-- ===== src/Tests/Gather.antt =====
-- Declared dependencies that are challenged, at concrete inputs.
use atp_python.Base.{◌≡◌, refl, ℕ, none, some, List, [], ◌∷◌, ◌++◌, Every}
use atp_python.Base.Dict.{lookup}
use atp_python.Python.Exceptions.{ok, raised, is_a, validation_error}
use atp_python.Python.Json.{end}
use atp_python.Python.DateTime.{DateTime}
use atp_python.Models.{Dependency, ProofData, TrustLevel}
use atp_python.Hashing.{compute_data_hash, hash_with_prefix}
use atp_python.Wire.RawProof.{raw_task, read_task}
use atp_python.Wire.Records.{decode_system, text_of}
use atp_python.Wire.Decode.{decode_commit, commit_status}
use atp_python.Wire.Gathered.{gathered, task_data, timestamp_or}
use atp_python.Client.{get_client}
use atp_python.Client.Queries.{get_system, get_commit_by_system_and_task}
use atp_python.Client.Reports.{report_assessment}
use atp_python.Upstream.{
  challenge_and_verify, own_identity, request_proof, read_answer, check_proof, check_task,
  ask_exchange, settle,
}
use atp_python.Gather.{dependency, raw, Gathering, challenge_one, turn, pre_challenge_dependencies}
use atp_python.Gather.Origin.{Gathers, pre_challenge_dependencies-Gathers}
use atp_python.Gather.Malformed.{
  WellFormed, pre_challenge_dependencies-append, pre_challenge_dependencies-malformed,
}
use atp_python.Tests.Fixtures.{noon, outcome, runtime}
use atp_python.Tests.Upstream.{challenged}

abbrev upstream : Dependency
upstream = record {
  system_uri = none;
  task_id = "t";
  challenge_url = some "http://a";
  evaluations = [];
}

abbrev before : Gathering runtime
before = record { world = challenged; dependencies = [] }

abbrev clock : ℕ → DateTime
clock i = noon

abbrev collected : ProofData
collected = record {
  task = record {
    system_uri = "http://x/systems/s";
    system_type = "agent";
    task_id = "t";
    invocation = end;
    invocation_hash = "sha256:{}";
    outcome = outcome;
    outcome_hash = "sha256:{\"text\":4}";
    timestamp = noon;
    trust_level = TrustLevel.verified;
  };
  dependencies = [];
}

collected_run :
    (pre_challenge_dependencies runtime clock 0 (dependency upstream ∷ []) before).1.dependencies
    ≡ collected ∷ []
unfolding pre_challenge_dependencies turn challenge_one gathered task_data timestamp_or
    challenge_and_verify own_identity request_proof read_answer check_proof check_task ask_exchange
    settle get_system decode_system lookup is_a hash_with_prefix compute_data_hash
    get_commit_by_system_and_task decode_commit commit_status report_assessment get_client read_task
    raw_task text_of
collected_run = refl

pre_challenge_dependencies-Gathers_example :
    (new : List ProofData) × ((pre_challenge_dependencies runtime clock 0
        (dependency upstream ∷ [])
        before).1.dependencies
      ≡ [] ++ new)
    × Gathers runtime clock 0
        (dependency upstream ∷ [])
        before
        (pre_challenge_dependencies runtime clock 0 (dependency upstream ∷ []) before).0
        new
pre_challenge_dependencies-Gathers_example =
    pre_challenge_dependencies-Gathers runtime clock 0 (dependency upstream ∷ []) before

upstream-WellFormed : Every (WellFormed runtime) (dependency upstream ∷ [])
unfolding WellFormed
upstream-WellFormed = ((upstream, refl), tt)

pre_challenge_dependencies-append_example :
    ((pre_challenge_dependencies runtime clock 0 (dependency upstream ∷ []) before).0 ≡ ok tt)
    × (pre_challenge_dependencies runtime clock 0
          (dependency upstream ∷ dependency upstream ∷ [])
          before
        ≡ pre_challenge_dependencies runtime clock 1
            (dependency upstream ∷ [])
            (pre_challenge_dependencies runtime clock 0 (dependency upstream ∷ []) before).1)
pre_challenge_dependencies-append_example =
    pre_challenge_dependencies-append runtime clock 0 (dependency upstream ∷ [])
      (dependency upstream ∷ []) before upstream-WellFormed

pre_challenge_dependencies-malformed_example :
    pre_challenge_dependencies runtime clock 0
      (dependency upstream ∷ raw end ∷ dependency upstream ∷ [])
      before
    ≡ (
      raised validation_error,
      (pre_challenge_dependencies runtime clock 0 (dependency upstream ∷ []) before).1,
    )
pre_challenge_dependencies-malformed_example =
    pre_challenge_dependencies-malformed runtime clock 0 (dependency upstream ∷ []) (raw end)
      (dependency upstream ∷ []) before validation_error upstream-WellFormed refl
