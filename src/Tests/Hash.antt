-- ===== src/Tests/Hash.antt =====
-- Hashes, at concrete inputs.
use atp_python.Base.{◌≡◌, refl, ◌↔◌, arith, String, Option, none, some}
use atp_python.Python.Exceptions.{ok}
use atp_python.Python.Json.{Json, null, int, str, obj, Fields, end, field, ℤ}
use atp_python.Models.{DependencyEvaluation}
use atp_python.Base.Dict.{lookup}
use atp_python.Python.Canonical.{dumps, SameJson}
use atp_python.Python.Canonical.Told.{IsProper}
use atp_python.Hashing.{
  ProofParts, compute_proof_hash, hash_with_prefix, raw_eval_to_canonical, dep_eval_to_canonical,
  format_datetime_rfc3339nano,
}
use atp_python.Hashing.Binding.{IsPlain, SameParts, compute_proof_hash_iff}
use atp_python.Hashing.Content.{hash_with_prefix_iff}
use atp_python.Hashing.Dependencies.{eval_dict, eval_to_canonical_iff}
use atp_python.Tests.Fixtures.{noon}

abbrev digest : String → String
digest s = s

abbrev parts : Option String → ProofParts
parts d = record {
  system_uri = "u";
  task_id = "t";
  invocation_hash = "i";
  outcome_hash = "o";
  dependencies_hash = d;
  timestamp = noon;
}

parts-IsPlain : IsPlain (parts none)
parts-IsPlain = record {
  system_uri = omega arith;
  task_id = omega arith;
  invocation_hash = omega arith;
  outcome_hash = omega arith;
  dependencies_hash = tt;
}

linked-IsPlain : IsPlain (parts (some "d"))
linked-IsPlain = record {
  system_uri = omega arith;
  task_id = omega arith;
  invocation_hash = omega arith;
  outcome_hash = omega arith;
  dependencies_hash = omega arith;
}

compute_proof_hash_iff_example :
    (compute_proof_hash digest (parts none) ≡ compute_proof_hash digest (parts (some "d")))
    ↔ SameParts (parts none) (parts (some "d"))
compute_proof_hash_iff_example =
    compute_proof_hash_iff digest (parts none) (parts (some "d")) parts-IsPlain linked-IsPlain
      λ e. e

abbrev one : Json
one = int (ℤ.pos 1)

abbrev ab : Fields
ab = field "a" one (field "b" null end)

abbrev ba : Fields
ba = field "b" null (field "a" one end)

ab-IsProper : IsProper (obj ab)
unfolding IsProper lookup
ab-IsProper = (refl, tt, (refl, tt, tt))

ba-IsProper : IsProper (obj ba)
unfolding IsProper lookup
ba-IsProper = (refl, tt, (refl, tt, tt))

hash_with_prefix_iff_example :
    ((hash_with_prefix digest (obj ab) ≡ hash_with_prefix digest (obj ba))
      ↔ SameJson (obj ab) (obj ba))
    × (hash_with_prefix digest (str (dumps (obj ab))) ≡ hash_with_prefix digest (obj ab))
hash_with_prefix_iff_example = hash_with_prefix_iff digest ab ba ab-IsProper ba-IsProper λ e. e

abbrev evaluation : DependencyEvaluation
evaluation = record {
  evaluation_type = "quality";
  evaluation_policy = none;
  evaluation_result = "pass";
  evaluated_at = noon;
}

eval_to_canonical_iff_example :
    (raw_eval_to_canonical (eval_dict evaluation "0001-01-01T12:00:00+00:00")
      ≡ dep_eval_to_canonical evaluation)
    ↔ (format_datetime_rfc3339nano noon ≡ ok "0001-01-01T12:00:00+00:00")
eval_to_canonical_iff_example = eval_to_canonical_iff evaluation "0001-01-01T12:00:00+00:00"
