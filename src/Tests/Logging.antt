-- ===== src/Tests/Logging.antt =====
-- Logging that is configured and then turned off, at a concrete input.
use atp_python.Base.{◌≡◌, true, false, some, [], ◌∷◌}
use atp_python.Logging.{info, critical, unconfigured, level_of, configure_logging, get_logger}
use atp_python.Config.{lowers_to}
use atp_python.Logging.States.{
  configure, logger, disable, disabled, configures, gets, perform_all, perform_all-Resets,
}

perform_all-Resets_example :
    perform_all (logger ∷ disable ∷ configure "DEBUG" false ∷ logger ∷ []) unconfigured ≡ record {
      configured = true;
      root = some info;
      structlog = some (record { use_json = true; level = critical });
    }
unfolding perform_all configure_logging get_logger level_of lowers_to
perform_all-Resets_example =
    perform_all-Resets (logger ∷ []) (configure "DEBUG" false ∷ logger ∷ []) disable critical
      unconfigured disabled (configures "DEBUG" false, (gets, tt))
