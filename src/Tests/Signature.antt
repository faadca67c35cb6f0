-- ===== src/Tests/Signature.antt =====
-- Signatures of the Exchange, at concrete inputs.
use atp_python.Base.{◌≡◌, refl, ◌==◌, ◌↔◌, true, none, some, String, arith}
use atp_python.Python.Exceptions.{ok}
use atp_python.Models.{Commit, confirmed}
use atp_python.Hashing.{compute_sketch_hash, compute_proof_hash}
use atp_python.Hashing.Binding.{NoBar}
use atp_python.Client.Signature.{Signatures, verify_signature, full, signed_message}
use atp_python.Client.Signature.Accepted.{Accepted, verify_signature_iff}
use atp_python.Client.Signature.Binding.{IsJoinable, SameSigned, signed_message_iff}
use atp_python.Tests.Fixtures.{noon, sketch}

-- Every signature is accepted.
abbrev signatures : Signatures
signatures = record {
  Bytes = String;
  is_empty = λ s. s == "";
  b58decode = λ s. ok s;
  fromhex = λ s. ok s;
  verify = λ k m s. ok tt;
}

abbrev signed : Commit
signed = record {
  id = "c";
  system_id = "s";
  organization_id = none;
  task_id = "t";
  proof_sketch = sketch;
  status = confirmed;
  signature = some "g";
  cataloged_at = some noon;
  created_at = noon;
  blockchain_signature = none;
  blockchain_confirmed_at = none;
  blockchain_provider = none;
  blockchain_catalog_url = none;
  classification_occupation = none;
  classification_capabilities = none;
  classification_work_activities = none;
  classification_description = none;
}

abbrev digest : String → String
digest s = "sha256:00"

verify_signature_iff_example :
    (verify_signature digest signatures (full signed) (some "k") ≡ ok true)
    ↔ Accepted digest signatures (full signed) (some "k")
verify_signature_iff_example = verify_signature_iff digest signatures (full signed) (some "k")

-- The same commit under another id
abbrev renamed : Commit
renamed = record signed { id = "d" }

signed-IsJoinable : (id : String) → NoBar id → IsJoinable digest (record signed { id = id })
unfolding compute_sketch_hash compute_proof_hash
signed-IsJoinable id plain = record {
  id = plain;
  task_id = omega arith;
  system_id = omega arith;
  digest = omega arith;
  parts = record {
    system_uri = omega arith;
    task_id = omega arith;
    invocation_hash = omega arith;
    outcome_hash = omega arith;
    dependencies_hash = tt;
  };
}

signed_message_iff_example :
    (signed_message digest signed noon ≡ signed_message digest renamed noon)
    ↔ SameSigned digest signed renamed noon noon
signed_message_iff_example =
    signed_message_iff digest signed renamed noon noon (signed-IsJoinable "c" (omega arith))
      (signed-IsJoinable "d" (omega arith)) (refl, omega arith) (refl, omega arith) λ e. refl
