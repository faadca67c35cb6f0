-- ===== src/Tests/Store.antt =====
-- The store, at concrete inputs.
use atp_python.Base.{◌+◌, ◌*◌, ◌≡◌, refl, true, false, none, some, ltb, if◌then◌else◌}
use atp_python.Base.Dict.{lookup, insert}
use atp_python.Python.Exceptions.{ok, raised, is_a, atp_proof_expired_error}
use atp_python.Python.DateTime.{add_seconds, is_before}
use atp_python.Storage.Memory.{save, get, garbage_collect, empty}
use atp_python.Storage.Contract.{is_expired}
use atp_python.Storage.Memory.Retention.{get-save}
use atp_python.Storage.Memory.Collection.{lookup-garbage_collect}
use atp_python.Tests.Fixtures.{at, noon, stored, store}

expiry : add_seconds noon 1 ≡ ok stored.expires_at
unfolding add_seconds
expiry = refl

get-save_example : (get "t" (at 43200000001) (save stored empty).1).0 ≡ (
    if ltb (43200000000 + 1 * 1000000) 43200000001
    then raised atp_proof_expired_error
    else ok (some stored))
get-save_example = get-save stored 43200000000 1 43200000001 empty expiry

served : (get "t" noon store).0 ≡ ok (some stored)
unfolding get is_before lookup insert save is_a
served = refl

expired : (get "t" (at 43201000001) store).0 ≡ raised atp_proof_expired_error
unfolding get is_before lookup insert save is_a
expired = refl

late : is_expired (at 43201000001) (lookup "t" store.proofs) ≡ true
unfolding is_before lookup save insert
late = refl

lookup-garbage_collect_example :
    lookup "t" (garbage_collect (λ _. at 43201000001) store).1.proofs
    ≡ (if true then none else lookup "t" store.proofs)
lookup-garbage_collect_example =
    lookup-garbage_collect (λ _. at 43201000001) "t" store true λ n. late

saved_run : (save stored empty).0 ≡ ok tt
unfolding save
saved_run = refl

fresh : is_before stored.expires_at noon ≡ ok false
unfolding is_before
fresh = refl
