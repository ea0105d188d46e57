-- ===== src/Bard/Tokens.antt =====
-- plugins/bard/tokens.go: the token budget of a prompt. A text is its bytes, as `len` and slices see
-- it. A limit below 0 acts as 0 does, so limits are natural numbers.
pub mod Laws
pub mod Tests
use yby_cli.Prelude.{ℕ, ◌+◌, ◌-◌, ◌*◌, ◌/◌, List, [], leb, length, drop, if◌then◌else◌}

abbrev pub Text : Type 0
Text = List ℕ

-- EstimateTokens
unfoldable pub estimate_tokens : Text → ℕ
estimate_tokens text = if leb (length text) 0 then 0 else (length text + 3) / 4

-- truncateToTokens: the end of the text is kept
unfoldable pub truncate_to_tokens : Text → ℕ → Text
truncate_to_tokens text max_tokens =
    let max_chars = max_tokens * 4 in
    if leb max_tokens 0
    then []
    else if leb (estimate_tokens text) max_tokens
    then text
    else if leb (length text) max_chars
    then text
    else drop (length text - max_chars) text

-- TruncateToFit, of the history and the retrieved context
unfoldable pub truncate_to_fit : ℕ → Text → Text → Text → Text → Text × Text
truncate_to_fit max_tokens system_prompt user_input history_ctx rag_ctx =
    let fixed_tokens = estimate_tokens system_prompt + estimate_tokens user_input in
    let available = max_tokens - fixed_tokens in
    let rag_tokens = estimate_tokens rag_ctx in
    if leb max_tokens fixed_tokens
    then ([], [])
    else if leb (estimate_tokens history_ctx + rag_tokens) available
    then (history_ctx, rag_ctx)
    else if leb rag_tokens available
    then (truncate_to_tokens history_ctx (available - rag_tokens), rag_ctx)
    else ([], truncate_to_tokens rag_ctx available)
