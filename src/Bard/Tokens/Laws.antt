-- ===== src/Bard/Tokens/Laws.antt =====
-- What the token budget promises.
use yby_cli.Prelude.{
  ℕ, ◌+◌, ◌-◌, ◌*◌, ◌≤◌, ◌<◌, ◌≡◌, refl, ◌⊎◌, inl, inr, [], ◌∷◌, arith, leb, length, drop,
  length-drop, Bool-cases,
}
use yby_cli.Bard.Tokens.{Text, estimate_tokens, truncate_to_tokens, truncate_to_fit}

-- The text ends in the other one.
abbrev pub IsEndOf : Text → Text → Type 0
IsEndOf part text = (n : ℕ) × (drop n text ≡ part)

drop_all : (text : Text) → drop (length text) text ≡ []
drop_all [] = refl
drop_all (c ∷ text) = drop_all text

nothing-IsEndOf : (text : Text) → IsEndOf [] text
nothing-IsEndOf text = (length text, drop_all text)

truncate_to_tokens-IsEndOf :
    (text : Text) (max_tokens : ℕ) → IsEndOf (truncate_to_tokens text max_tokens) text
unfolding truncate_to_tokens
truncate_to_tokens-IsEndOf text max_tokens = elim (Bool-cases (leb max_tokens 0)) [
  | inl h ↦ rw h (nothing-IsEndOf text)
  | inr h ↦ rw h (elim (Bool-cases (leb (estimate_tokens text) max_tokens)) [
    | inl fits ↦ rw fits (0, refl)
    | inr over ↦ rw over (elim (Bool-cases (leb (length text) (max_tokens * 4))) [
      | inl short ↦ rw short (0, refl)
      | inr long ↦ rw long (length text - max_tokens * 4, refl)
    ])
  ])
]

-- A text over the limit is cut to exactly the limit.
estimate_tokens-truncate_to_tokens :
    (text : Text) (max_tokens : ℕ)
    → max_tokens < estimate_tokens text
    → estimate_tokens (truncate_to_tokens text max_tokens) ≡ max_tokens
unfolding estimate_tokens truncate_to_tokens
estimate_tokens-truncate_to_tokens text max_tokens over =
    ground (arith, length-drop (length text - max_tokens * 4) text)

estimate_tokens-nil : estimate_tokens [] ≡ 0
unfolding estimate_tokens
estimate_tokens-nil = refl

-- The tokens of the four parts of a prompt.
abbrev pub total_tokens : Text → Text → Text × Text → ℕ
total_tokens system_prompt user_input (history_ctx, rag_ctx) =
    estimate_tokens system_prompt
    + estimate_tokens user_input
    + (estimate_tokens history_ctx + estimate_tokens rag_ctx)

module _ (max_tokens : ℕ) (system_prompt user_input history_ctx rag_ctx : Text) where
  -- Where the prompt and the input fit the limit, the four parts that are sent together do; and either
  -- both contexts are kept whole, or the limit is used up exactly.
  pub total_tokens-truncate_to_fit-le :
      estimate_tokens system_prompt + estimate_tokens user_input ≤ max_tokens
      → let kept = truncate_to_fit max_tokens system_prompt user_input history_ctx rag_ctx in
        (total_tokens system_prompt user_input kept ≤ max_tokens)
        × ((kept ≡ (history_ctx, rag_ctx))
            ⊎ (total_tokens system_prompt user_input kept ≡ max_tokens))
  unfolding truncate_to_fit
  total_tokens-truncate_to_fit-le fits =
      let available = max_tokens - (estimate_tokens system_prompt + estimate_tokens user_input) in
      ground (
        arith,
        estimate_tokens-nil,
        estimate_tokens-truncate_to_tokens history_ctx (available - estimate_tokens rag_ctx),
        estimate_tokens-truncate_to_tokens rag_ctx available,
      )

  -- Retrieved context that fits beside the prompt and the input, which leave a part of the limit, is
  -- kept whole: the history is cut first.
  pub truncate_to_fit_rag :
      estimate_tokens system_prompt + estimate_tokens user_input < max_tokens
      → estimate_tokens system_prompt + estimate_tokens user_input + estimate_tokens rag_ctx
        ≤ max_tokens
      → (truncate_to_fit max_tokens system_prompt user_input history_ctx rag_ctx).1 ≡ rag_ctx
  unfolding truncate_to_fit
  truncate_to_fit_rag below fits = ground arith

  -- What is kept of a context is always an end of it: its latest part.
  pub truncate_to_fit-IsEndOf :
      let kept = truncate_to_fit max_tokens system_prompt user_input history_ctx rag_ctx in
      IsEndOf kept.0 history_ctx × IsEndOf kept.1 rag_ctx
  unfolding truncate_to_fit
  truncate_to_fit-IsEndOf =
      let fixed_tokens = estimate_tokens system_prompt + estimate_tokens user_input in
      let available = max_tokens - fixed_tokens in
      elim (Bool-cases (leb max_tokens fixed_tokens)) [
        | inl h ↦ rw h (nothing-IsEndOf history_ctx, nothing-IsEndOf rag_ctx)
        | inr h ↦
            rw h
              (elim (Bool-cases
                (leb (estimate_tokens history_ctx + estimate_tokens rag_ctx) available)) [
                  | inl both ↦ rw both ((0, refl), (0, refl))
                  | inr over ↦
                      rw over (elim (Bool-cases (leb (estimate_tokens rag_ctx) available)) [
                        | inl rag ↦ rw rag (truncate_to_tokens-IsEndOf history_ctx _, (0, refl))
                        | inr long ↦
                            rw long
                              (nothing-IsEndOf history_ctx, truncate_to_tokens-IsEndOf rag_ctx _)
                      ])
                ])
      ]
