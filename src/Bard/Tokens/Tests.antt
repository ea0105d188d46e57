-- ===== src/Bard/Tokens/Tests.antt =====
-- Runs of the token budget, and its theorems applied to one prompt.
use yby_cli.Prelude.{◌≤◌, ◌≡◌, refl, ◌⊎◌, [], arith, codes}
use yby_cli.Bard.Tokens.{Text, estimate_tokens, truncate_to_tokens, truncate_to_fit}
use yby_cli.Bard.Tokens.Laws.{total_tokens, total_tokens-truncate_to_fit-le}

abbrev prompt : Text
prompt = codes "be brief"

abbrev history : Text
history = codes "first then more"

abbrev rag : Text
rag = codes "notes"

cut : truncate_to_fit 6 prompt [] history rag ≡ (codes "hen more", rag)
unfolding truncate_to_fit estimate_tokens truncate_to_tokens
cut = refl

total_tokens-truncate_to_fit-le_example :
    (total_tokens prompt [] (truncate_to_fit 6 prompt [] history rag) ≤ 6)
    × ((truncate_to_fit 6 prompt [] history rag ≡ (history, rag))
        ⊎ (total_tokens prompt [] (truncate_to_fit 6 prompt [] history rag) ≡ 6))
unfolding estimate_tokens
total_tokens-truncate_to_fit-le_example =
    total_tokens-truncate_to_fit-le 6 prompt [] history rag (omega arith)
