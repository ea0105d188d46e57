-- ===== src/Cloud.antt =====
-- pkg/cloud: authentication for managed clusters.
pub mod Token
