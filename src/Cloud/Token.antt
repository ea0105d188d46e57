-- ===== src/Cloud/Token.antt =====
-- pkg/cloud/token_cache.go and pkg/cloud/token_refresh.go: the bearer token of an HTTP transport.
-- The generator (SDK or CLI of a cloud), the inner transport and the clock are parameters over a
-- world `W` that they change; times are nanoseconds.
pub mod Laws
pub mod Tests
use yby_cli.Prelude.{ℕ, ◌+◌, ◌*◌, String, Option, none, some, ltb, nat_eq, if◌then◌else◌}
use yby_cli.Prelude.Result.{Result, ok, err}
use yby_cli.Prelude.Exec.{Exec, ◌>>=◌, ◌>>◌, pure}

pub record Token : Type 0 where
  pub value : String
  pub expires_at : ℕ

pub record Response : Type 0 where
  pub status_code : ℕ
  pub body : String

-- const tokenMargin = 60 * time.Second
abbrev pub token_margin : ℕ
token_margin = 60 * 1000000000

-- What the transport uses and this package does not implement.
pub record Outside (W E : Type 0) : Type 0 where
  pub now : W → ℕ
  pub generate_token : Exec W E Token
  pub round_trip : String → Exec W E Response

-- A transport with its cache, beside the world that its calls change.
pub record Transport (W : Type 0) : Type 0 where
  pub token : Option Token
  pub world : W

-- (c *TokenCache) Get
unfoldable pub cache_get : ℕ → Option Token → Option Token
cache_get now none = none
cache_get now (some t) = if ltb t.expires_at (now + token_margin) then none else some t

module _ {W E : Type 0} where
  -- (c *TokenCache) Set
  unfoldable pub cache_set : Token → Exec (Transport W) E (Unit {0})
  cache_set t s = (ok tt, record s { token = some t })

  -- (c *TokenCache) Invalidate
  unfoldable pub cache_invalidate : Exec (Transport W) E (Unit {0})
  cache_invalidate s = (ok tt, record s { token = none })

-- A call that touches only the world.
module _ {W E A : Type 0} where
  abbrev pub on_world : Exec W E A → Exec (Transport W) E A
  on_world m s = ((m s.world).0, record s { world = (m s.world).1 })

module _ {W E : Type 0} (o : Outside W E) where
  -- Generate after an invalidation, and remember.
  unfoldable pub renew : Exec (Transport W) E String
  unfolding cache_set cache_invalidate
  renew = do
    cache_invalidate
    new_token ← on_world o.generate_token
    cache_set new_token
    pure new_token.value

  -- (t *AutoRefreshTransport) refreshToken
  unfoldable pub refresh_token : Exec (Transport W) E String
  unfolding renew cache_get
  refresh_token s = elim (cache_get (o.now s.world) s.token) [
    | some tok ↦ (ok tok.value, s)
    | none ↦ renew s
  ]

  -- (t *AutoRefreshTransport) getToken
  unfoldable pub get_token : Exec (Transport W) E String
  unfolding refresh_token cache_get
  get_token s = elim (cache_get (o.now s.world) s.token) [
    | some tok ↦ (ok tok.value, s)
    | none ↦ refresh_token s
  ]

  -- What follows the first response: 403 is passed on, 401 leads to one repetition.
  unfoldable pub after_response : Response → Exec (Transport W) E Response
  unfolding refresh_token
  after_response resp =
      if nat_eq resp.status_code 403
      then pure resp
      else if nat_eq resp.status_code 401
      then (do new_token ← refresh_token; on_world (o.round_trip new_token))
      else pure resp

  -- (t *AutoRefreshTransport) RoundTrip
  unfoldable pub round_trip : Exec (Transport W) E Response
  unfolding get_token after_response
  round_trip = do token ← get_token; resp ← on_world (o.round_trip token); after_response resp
-=-=-
» **Goal of the exercise**
Select and copy every line from the records that includes the word "settle".

» **Answer to the problem**
  ask_exchange, settle,
    settle get_system decode_system lookup is_a hash_with_prefix compute_data_hash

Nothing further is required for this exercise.